The following Regiments and Corps are to be awarded the Battle Honour 'AL BASRAH':

The Life Guards, The Blues and Royals (Royal Horse Guards and 1st Dragoons), 1st The Queen's Dragoon Guards, The Royal Scots Dragoon Guards (Carabiniers and Greys), The Queen's Royal Lancers, Royal Tank Regiment, Irish Guards (already awarded), The Royal Regiment of Fusiliers, The Light Infantry, The Black Watch (Royal Highland Regiment), The Parachute Regiment, Army Air Corps

HM The Queen gave early approval, in June 2005, for the Irish Guards to be awarded the Theatre Honour 'IRAQ 2003' and the Battle Honour 'AL BASRAH'.  This early award allowed the Irish Guards to Troop their colour, with their new Theatre Honour emblazoned upon it, at The Queen's Birthday Parade.

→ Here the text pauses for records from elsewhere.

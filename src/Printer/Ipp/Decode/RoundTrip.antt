-- ===== src/Printer/Ipp/Decode/RoundTrip.antt =====
-- A request, encoded and decoded again.
use kiosk_project.Printer.Ipp.Decode.Fields.{uint32-read, uint16-read}
use kiosk_project.Printer.Ipp.Decode.Values.{
  Decodes-group, Decodes-end, Decodes-values, place_first, IsGroup, Decodes-value, append_nil,
  with_group, Decodes, IsAttribute,
}
use kiosk_project.Printer.Ipp.Decode.{
  decode_after_header, decode_ipp_response, open_group, close_group, DecodeState,
}
use kiosk_project.Printer.Ipp.{
  total_attributes, end_of_attributes, IppRequest, IppValue, attribute_without_value, IppGroup,
  IppAttribute, IppDecodeLimits, TextCodec,
}
use kiosk_project.Printer.Ipp.Encode.{
  uint32_bytes, uint16_bytes, encode_ipp_request, encode_attribute_value, encode_groups,
  encode_attribute, encode_attributes, encode_values,
}
use mathlib.Core.List.{append_assoc}
use kiosk_project.Base.{
  refuse_if-eq-ok, ok-injective, bind_cases, All, ℕ, suc, ◌+◌, ◌%◌, ◌<◌, ◌≤◌, List, [], ◌∷◌, ◌++◌,
  false, ◌==◌, ok, refuse_if, length, none, some, ◌≡◌, refl, arith, sym, ◌∙◌, ap, subst,
}

-- The attribute's first value, and then the others.
Decodes-one :
    (codec : TextCodec) (limits : IppDecodeLimits) (st : DecodeState) (group_tag count : ℕ)
    (before : List IppAttribute) (name : List ℕ) (tag : ℕ) (values : List IppValue)
    (bytes rest : List ℕ) (gs : List IppGroup)
    → 65535 ≤ limits.max_value_bytes
    → codec.encode_text [] ≡ []
    → IsAttribute codec (record { name = name; tag = tag; values = values })
    → count < limits.max_attributes
    → (length values == 0) ≡ false
    → encode_values codec tag name values ≡ ok bytes
    → Decodes codec limits
        (with_group st group_tag
          (before ++ record { name = name; tag = tag; values = values } ∷ [])
          (count + 1))
        rest
        gs
    → Decodes codec limits (with_group st group_tag before count) (bytes ++ rest) gs
unfolding encode_values
Decodes-one codec limits st group_tag count before name tag [] bytes rest gs m z w l n e d =
    absurd (cc)
Decodes-one codec limits st group_tag count before name tag (v ∷ vs) bytes rest gs m z w l n e d =
    bind_cases (encode_attribute_value codec tag name v) _ e λ first i j.
      bind_cases (encode_values codec tag [] vs) _ j λ others o q.
        let start = with_group st group_tag before count in
        subst (λ x. Decodes codec limits start (x ++ rest) gs) (ok-injective q)
          (subst (λ x. Decodes codec limits start x gs) (sym (append_assoc first others rest))
            (Decodes-value codec limits start _ _ tag name v first (others ++ rest) gs m w.tag_above
              w.tag_below w.values_fit.0 refl i
              (place_first codec limits st group_tag count tag before name v w.name_there
                w.name_back l)
              (Decodes-values codec limits st group_tag (count + 1) before
                (record { name = name; tag = tag; values = v ∷ [] }) vs others rest gs m z
                w.tag_above w.tag_below w.values_fit.1 o d)))

Decodes-attributes :
    (codec : TextCodec) (limits : IppDecodeLimits) (st : DecodeState) (group_tag count : ℕ)
    (before attributes : List IppAttribute) (bytes rest : List ℕ) (gs : List IppGroup)
    → 65535 ≤ limits.max_value_bytes
    → codec.encode_text [] ≡ []
    → All (IsAttribute codec) attributes
    → count + length attributes ≤ limits.max_attributes
    → encode_attributes codec attributes ≡ ok bytes
    → Decodes codec limits
        (with_group st group_tag (before ++ attributes) (count + length attributes))
        rest
        gs
    → Decodes codec limits (with_group st group_tag before count) (bytes ++ rest) gs
unfolding encode_attributes encode_attribute
Decodes-attributes codec limits st group_tag count before [] bytes rest gs m z w l e d =
    let same_count : count + 0 ≡ count = omega arith in
    subst (λ x. Decodes codec limits (with_group st group_tag before count) (x ++ rest) gs)
      (ok-injective e)
      (subst (λ x. Decodes codec limits (with_group st group_tag before x) rest gs) same_count
        (subst (λ x. Decodes codec limits (with_group st group_tag x (count + 0)) rest gs)
          (append_nil before) d))
Decodes-attributes codec limits st group_tag count before (a ∷ attributes) bytes rest gs m z w l e
      d =
    bind_cases (encode_attribute codec a) _ e λ first i j.
      bind_cases (encode_attributes codec attributes) _ j λ others o q.
        bind_cases (refuse_if (length a.values == 0) attribute_without_value) _ i λ u g y.
          let start = with_group st group_tag before count in
          let next_count : count + suc (length attributes) ≡ count + 1 + length attributes =
            omega arith in
          subst (λ x. Decodes codec limits start (x ++ rest) gs) (ok-injective q)
            (subst (λ x. Decodes codec limits start x gs) (sym (append_assoc first others rest))
              (Decodes-one codec limits st group_tag count before a.name a.tag a.values first
                (others ++ rest) gs m z w.0 (omega arith) (refuse_if-eq-ok _ _ g) y
                (Decodes-attributes codec limits st group_tag (count + 1) (before ++ a ∷ [])
                  attributes others rest gs m z w.1 (omega arith) o
                  (subst
                    (λ x.
                      Decodes codec limits
                        (with_group st group_tag x (count + 1 + length attributes)) rest gs)
                    (sym (append_assoc before (a ∷ []) attributes))
                    (subst
                      (λ x.
                        Decodes codec limits (with_group st group_tag (before ++ a ∷ attributes) x)
                          rest gs)
                      next_count d)))))

Decodes-groups :
    (codec : TextCodec) (limits : IppDecodeLimits) (st : DecodeState) (groups : List IppGroup)
    (bytes rest : List ℕ)
    → 65535 ≤ limits.max_value_bytes
    → codec.encode_text [] ≡ []
    → All (IsGroup codec) groups
    → st.attribute_count + total_attributes groups ≤ limits.max_attributes
    → encode_groups codec groups ≡ ok bytes
    → Decodes codec limits st (bytes ++ 3 ∷ rest) (close_group st ++ groups)
unfolding encode_groups close_group open_group
Decodes-groups codec limits st [] bytes rest m z w l e =
    subst (λ x. Decodes codec limits st (x ++ 3 ∷ rest) (close_group st ++ [])) (ok-injective e)
      (subst (Decodes codec limits st (3 ∷ rest)) (sym (append_nil (close_group st)))
        (Decodes-end codec limits st rest))
Decodes-groups codec limits st (g ∷ groups) bytes rest m z w l e =
    bind_cases (encode_attributes codec g.attributes) _ e λ first i j.
      bind_cases (encode_groups codec groups) _ j λ others o q.
        let closed = record st { groups = close_group st } in
        let after =
          with_group closed g.tag g.attributes (st.attribute_count + length g.attributes) in
        let byte : g.tag % 256 ≡ g.tag = omega (arith, w.0.tag_below) in
        let same_bytes : g.tag ∷ (first ++ others) ≡ bytes =
          ap (λ t. t ∷ (first ++ others)) (sym byte) ∙ ok-injective q in
        let all_groups = close_group st ++ g ∷ groups in
        let tail_decodes : Decodes codec limits after (others ++ 3 ∷ rest) all_groups =
          subst (Decodes codec limits after (others ++ 3 ∷ rest))
            (append_assoc (close_group st) (g ∷ []) groups)
            (Decodes-groups codec limits after groups others rest m z w.1 (omega arith) o) in
        subst (λ x. Decodes codec limits st (x ++ 3 ∷ rest) all_groups) same_bytes
          (Decodes-group codec limits st g.tag ((first ++ others) ++ 3 ∷ rest) all_groups
            w.0.tag_below w.0.tag_goes_on
            (subst (λ x. Decodes codec limits (open_group g.tag st) x all_groups)
              (sym (append_assoc first others (3 ∷ rest)))
              (Decodes-attributes codec limits closed g.tag st.attribute_count [] g.attributes first
                (others ++ 3 ∷ rest) all_groups m z w.0.attributes_fit (omega arith) i
                tail_decodes)))

header-read :
    (codec : TextCodec) (limits : IppDecodeLimits) (operation request_id : ℕ) (bytes rest : List ℕ)
    → operation ≤ 65535
    → request_id ≤ 4294967295
    → decode_ipp_response codec limits (
        1 ∷ 1 ∷ uint16_bytes operation
        ++ uint32_bytes request_id
        ++ bytes
        ++ end_of_attributes ∷ rest)
      ≡ decode_after_header codec limits operation request_id (bytes ++ 3 ∷ rest)
unfolding decode_ipp_response uint16_bytes uint32_bytes
header-read codec limits operation request_id [] rest h k =
    rw (uint16-read operation h, uint32-read request_id k) refl
header-read codec limits operation request_id (b ∷ bytes) rest h k =
    rw (uint16-read operation h, uint32-read request_id k) refl

-- Decoding gives back what was encoded: for an operation of 16 bits and a request of 32, groups and
-- attributes whose tags are on their side of the delimiters, attributes whose names have at least a byte,
-- texts that the codec gives back, the empty one as no bytes, values that their tags carry, a limit
-- on values of at least 65,535 bytes, and no more attributes than their limit, the encoded bytes
-- decode, with whatever document is appended, to the operation, the request and the groups.
pub decode-encode :
    (codec : TextCodec) (limits : IppDecodeLimits) (request : IppRequest) (bytes : List ℕ)
    → 65535 ≤ limits.max_value_bytes
    → codec.encode_text [] ≡ []
    → request.operation ≤ 65535
    → request.request_id ≤ 4294967295
    → All (IsGroup codec) request.groups
    → total_attributes request.groups ≤ limits.max_attributes
    → encode_ipp_request codec request ≡ ok bytes
    → decode_ipp_response codec limits bytes
      ≡ some (
          ok (record {
            status_code = request.operation;
            request_id = request.request_id;
            groups = request.groups;
          }))
unfolding encode_ipp_request decode_after_header close_group
decode-encode codec limits request bytes m z h k w l e =
    bind_cases (encode_groups codec request.groups) _ e λ encoded i j.
      let start : DecodeState = record { groups = []; group = none; attribute_count = 0 } in
      let decoded =
        Decodes-groups codec limits start request.groups encoded request.data_bytes m z w
          (omega arith) i (length (encoded ++ 3 ∷ request.data_bytes) + 1) (omega arith) in
      subst
        (λ x.
          decode_ipp_response codec limits x
          ≡ some (
              ok (record {
                status_code = request.operation;
                request_id = request.request_id;
                groups = request.groups;
              })))
        (ok-injective j)
        (header-read codec limits request.operation request.request_id encoded request.data_bytes h
            k
          ∙ rw (decode_after_header, decoded) refl)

The Colour of the Irish Guards with the Theatre Honour 'Iraq 2003', awarded to those who participated in Operation TELIC during the period 19 March to 30 April 2003, announced on 9 June 2005 [Picture: Sergeant Mike Harvey, Media Ops, HQ London District]


----------



## Michael Dorosh (11 Nov 2005)

Black Watch?  Don't they mean 1st Battalion, Royal Regiment of Scotland?  :


----------



## big bad john (11 Nov 2005)

Tsk!  Tsk!  I Know,  I Know!!!! ??? ??? ???  What's a man to do??? :'( :'(


----------



## baboon6 (13 Nov 2005)

Actually the Black Watch will be 2nd Battalion. The Royal Scots will be 1st Battalion.


----------



## TheNomad (14 Nov 2005)

The award of a battle honour to The Royal Yeomany is the first to be awarded to the Territorial Army since 1945.

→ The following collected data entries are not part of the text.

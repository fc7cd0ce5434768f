-- ===== src/Printer/Ipp/Examples.antt =====
-- A request of packages/printer-adapters/src/ipp/encoding.ts on the wire.
use kiosk_project.Printer.Ipp.Decode.Ends.{decode_ipp_response-ends}
use kiosk_project.Printer.Ipp.Decode.Fields.{an_integer}
use kiosk_project.Printer.Ipp.Decode.RoundTrip.{decode-encode}
use kiosk_project.Printer.Ipp.Decode.Limits.{decode_ipp_response-within}
use kiosk_project.Printer.Ipp.Decode.{decode_ipp_response}
use kiosk_project.Printer.Ipp.Encode.{encode_ipp_request}
use kiosk_project.Printer.Ipp.Decode.Values.{IsAttribute, IsGroup}
use kiosk_project.Printer.Ipp.{
  response_truncated, number, tag_integer, default_decode_limits, total_attributes, IppResponse,
  IppProtocolError, TextCodec, is_integer_tag, IppRequest, IppAttribute,
}
use kiosk_project.Base.{ℕ, ◌≤◌, ◌≡◌, refl, some, ok, err, Result, List, [], ◌∷◌, codes, arith, All}
use kiosk_project.Base.Int.{pos, negsuc}

-- On ASCII the encoder keeps the code units.
abbrev ascii : TextCodec
ascii = record { encode_text = λ t. t; decode_text = λ b. b }

abbrev copies : IppAttribute
copies = record {
  name = codes "copies";
  tag = tag_integer;
  values = number (pos 258) ∷ number (negsuc 1) ∷ [];
}

abbrev request : IppRequest
request = record {
  operation = 2;
  request_id = 70000;
  groups = record { tag = 1; attributes = copies ∷ [] } ∷ [];
  data_bytes = 37 ∷ 80 ∷ [];
}

abbrev wire : List ℕ
wire =
    1 ∷ 1 ∷ 0 ∷ 2 ∷ 0 ∷ 1 ∷ 17 ∷ 112 ∷ 1 ∷ 33 ∷ 0 ∷ 6 ∷ 99 ∷ 111 ∷ 112 ∷ 105 ∷ 101 ∷ 115 ∷ 0 ∷ 4 ∷ 0
    ∷ 0 ∷ 1 ∷ 2 ∷ 33 ∷ 0 ∷ 0 ∷ 0 ∷ 4 ∷ 255 ∷ 255 ∷ 255 ∷ 254 ∷ 3 ∷ 37 ∷ 80 ∷ []

on_the_wire : encode_ipp_request ascii request ≡ ok wire
unfolding encode_ipp_request
on_the_wire = refl

abbrev response : IppResponse
response = record { status_code = 2; request_id = 70000; groups = request.groups }

copies-IsAttribute : IsAttribute ascii copies
unfolding is_integer_tag
copies-IsAttribute = record {
  tag_above = omega arith;
  tag_below = omega arith;
  name_there = omega arith;
  name_back = refl;
  values_fit = (
    an_integer refl (omega arith) (omega arith),
    (an_integer refl (omega arith) (omega arith), tt),
  );
}

groups-IsGroup : All (IsGroup ascii) request.groups
groups-IsGroup = (
  record {
    tag_below = omega arith;
    tag_goes_on = λ e. absurd (omega (arith, e));
    attributes_fit = (copies-IsAttribute, tt);
  },
  tt,
)

decode-encode_example : decode_ipp_response ascii default_decode_limits wire ≡ some (ok response)
decode-encode_example =
    decode-encode ascii default_decode_limits request wire (omega arith) refl (omega arith)
      (omega arith) groups-IsGroup (omega arith) on_the_wire

-- Bytes of a device that stop in the middle of a value.
decode_ipp_response-ends_example :
    (r : Result IppProtocolError IppResponse) × (decode_ipp_response ascii default_decode_limits
        (1 ∷ 1 ∷ 0 ∷ 0 ∷ 0 ∷ 0 ∷ 0 ∷ 1 ∷ 1 ∷ 33 ∷ 0 ∷ 6 ∷ 99 ∷ [])
      ≡ some r)
decode_ipp_response-ends_example =
    decode_ipp_response-ends ascii default_decode_limits
      (1 ∷ 1 ∷ 0 ∷ 0 ∷ 0 ∷ 0 ∷ 0 ∷ 1 ∷ 1 ∷ 33 ∷ 0 ∷ 6 ∷ 99 ∷ [])

cut_short :
    decode_ipp_response ascii default_decode_limits
      (1 ∷ 1 ∷ 0 ∷ 0 ∷ 0 ∷ 0 ∷ 0 ∷ 1 ∷ 1 ∷ 33 ∷ 0 ∷ 6 ∷ 99 ∷ [])
    ≡ some (err response_truncated)
unfolding decode_ipp_response
cut_short = refl

one_attribute :
    decode_ipp_response ascii (record { max_attributes = 1; max_value_bytes = 65535 }) wire
    ≡ some (ok response)
unfolding decode_ipp_response
one_attribute = refl

decode_ipp_response-within_example : total_attributes response.groups ≤ 1
decode_ipp_response-within_example =
    decode_ipp_response-within ascii (record { max_attributes = 1; max_value_bytes = 65535 }) wire
      response one_attribute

As for the comments about The Black Watch and The Royal Regiment of Scotland, the new regiment has not yet been formed, so it is indeed a Black Watch award.


----------



## vangemeren (14 Nov 2005)

Do the British limit the number of honours on their colours like Canada does?


----------



## Michael Dorosh (14 Nov 2005)

TheNomad said:
			
		

> The award of a battle honour to The Royal Yeomany is the first to be awarded to the Territorial Army since 1945.
> 
> As for the comments about The Black Watch and The Royal Regiment of Scotland, the new regiment has not yet been formed, so it is indeed a Black Watch award.



Even if the regiment had been formed, it would still be a Black Watch award since that was who actually fought in the campaign...


----------



## TheNomad (15 Nov 2005)

Regarding the limiting of the number of battle honours carried on the Colours by the British Army:  Yes the British Army does limit the number of honours borne on the Colours, probably for the same reason that the Canadian Army (or whatever it is called these days), i.e. there is only so much space.

Remember some British regiments have a couple of hundred honours.  The huge numbers of honours resulting from the Great War and Second World War caused limitations to be placed on the numbers.  I will look up the exact numbers allowed later and let you know.


----------



## Michael Dorosh (15 Nov 2005)

TheNomad said:
			
		

> Regarding the limiting of the number of battle honours carried on the Colours by the British Army:   Yes the British Army does limit the number of honours borne on the Colours, probably for the same reason that the Canadian Army (or whatever it is called these days), i.e. there is only so much space.
> 
> Remember some British regiments have a couple of hundred honours.   The huge numbers of honours resulting from the Great War and Second World War caused limitations to be placed on the numbers.   I will look up the exact numbers allowed later and let you know.



Another consideration would be the amalgamation of regiments causing a huge tally of honours.  Having multiple battalions in different theatres in both wars certainly helped the counts; amalgamating two (or more) regiments that had battalions fighting in multiple theatres added to this.  And of course it goes without saying that the British honours go back much further in time than Canadian ones.


----------